*Aim of the task:* Produce word for word the lines of the data below running from the one that has "let u = (reject_payout" to the one that has "(merchant_account 10) u", inclusive, and no others.

*Extracted material:*

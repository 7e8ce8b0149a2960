-- ===== src/Tests/Books.antt =====
-- The ledger, earnings and payouts of the sample shop.
use campusassistant_api.Base.{ℕ, pos, ◌≡◌, refl, ◌≤ℤ◌, true, false, none, List, [], ◌∷◌, arith}
use campusassistant_api.Base.Word.{wrap, bits_of, signed}
use campusassistant_api.Base.Int.{◌+ℤ◌, ◌-ℤ◌, ◌*ℤ◌}
use campusassistant_api.Domain.{
  Account, merchant_account, Kind, SourceType, Memo, PayoutStatus, MerchantPayout, Store, ok, err,
  payout_not_requested,
}
use campusassistant_api.Ledger.{
  sum_lines, journal_exists, new_journal, append_journal, to_entries, post_journal, entries_balance,
  balance_of, credit_balance, reverse_journals, debit_line, credit_line, Line,
}
use campusassistant_api.Ledger.Balanced.{total_debit, total_credit}
use campusassistant_api.Ledger.Books.{IsBooks, post_journal-IsBooks}
use campusassistant_api.Ledger.Posting.{Postable, post_journal_twice}
use campusassistant_api.Ledger.Reversal.{reverse_journals_balance}
use campusassistant_api.Billing.{
  insert_sorted, sort_shares, share_lines, all_share_lines, total_gross, release_lines,
}
use campusassistant_api.Billing.Delivery.{
  clamp_commission, commission_for, add_item, shares_from, shares_of, book_payment, release_order,
  on_order_delivered,
}
use campusassistant_api.Billing.Commission.{commission_for_bounds}
use campusassistant_api.Billing.Delivered.{on_order_delivered_twice}
use campusassistant_api.Payout.{
  new_payout, create_payout, request_lines, reserve_payout, request_payout, settled, settle_lines,
  settle_payout, mark_payout_paid, reject_payout,
}
use campusassistant_api.Payout.Balance.{HasFreshId, request_payout_balances}
use campusassistant_api.Payout.Settlement.{
  settle_payout_balances, settle_payout_once, request_then_reject,
}
use campusassistant_api.Tests.Samples.{shop, tenth}

abbrev gift : List Line
gift = debit_line Account.gateway_bkash (pos 40) ∷ credit_line (merchant_account 10) (pos 40) ∷ []

-- The shop after a posting that gives seller 10 a balance of 1000.
abbrev rich : Store
rich = record shop {
  journals =
      record {
        kind = Kind.order_release;
        source_type = SourceType.order;
        source_id = 9;
        memo = Memo.text "Order delivered";
        entries =
            record { account = Account.orders_escrow; debit = pos 1000; credit = pos 0 }
            ∷ record { account = merchant_account 10; debit = pos 0; credit = pos 1000 }
            ∷ [];
      }
      ∷ [];
}

shop-IsBooks : IsBooks shop
unfolding total_debit total_credit ◌+ℤ◌
shop-IsBooks = ground arith

gift-Postable : Postable gift
unfolding sum_lines wrap bits_of signed ◌+ℤ◌
gift-Postable = ((pos 40, pos 40), refl, refl)

post_journal-IsBooks_example :
    IsBooks (post_journal Kind.payout_request SourceType.payout 1 (Memo.text "x") gift shop).1
post_journal-IsBooks_example =
    post_journal-IsBooks Kind.payout_request SourceType.payout 1 (Memo.text "x") gift shop
      shop-IsBooks

gift_posted :
    (post_journal Kind.payout_request SourceType.payout 1 (Memo.text "x") gift shop).0 ≡ ok true
unfolding post_journal sum_lines wrap bits_of signed journal_exists ◌+ℤ◌
gift_posted = refl

post_journal_twice_example :
    let s' = (post_journal Kind.payout_request SourceType.payout 1 (Memo.text "x") gift shop).1 in
    post_journal Kind.payout_request SourceType.payout 1 (Memo.text "y") gift s' ≡ (ok false, s')
post_journal_twice_example =
    post_journal_twice Kind.payout_request SourceType.payout 1 (Memo.text "x") (Memo.text "y") gift
      gift shop gift_posted gift-Postable

reverse_journals_balance_example :
    let (r, s') = reverse_journals SourceType.order 21 (Kind.order_payment ∷ []) shop in
    (r ≡ ok tt) × (credit_balance Account.orders_escrow s' ≡ pos 660 -ℤ pos 660)
unfolding credit_balance balance_of entries_balance journal_exists ◌-ℤ◌ ◌+ℤ◌
reverse_journals_balance_example =
    reverse_journals_balance Account.orders_escrow SourceType.order 21 (Kind.order_payment ∷ [])
      shop shop-IsBooks (refl, tt)

commission_for_bounds_example :
    (pos 0 ≤ℤ commission_for tenth (pos 600) 0) × (commission_for tenth (pos 600) 0 ≤ℤ pos 600)
commission_for_bounds_example = commission_for_bounds tenth (pos 600) 0 (ground arith)

delivered : (on_order_delivered tenth 21 shop).0 ≡ ok tt
unfolding on_order_delivered release_order book_payment post_journal sum_lines wrap bits_of signed
    journal_exists release_lines all_share_lines share_lines total_gross shares_of shares_from
    add_item sort_shares insert_sorted commission_for clamp_commission ◌+ℤ◌ ◌-ℤ◌ ◌*ℤ◌
delivered = refl

on_order_delivered_twice_example :
    let t = (on_order_delivered tenth 21 shop).1 in on_order_delivered tenth 21 t ≡ (ok tt, t)
on_order_delivered_twice_example = on_order_delivered_twice tenth 21 shop delivered

order_journal_no_payout : (k : Kind) → journal_exists k SourceType.payout 100 rich ≡ false
unfolding journal_exists
order_journal_no_payout k = ground arith

rich-HasFreshId : HasFreshId rich
rich-HasFreshId = (refl, order_journal_no_payout)

requested_ok : (request_payout (pos 500) 10 7 (pos 600) rich).0 ≡ ok 100
unfolding request_payout reserve_payout create_payout request_lines new_payout post_journal
    sum_lines wrap bits_of signed journal_exists new_journal append_journal to_entries
    credit_balance balance_of entries_balance ◌+ℤ◌ ◌-ℤ◌
requested_ok = refl

request_payout_balances_example :
    let t = (request_payout (pos 500) 10 7 (pos 600) rich).1 in
    (credit_balance (merchant_account 10) t ≡ credit_balance (merchant_account 10) rich -ℤ pos 600)
    × (pos 0 ≤ℤ credit_balance (merchant_account 10) t)
    × (credit_balance Account.payouts_pending t
        ≡ credit_balance Account.payouts_pending rich +ℤ pos 600)
request_payout_balances_example =
    request_payout_balances (pos 500) 10 7 (pos 600) rich requested_ok rich-HasFreshId

request_then_reject_example :
    let t = (request_payout (pos 500) 10 7 (pos 600) rich).1 in
    credit_balance (merchant_account 10) (reject_payout 100 1 "no" t).1
    ≡ credit_balance (merchant_account 10) rich
request_then_reject_example =
    request_then_reject (pos 500) 10 7 1 "no" (pos 600) rich (merchant_account 10) requested_ok
      rich-HasFreshId

abbrev waiting : MerchantPayout
waiting = record {
  merchant_id = 10;
  amount = pos 600;
  status = PayoutStatus.requested;
  method = "bkash";
  account = "017";
  reference = "";
  note = "";
  requested_by = 7;
  processed_by = none;
  processed_at = none;
}

abbrev owing : Store
owing = record rich { payouts = (70, waiting) ∷ [] }

settle_payout_balances_example :
    let t = (mark_payout_paid 70 1 "ref" owing).1 in
    let u = (reject_payout 70 1 "no" owing).1 in
    (credit_balance Account.payouts_pending t
      ≡ credit_balance Account.payouts_pending owing -ℤ pos 600)
    × (credit_balance Account.cash_out t ≡ credit_balance Account.cash_out owing +ℤ pos 600)
    × ((m : ℕ) → credit_balance (merchant_account m) t ≡ credit_balance (merchant_account m) owing)
    × (credit_balance Account.payouts_pending u
        ≡ credit_balance Account.payouts_pending owing -ℤ pos 600)
    × (credit_balance (merchant_account 10) u
        ≡ credit_balance (merchant_account 10) owing +ℤ pos 600)
    × (credit_balance Account.cash_out u ≡ credit_balance Account.cash_out owing)
unfolding journal_exists
settle_payout_balances_example =
    settle_payout_balances 70 1 "ref" "no" waiting owing refl refl (ground arith) refl refl

settled_ok : (settle_payout 70 1 PayoutStatus.paid "ref" "" owing).0 ≡ ok tt
unfolding settle_payout settle_lines settled post_journal sum_lines wrap bits_of signed
    journal_exists ◌+ℤ◌
settled_ok = refl

settle_payout_once_example :
    let t = (settle_payout 70 1 PayoutStatus.paid "ref" "" owing).1 in
    settle_payout 70 2 PayoutStatus.rejected "" "late" t ≡ (err payout_not_requested, t)
settle_payout_once_example =
    settle_payout_once 70 1 2 PayoutStatus.paid PayoutStatus.rejected "ref" "" "" "late" owing refl
      settled_ok

-- The buyer paid 660, of which 60 for the delivery; these stay in escrow after the release.
escrow_left : credit_balance Account.orders_escrow (on_order_delivered tenth 21 shop).1 ≡ pos 60
unfolding on_order_delivered release_order book_payment post_journal sum_lines wrap bits_of signed
    journal_exists release_lines all_share_lines share_lines total_gross shares_of shares_from
    add_item sort_shares insert_sorted commission_for clamp_commission ◌+ℤ◌ ◌-ℤ◌ ◌*ℤ◌ credit_balance
    balance_of entries_balance append_journal new_journal to_entries
escrow_left = refl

*Reply:*
    let u = (reject_payout 70 1 "no" owing).1 in
    (credit_balance Account.payouts_pending t
      ≡ credit_balance Account.payouts_pending owing -ℤ pos 600)
    × (credit_balance Account.cash_out t ≡ credit_balance Account.cash_out owing +ℤ pos 600)
    × ((m : ℕ) → credit_balance (merchant_account m) t ≡ credit_balance (merchant_account m) owing)
    × (credit_balance Account.payouts_pending u
        ≡ credit_balance Account.payouts_pending owing -ℤ pos 600)
    × (credit_balance (merchant_account 10) u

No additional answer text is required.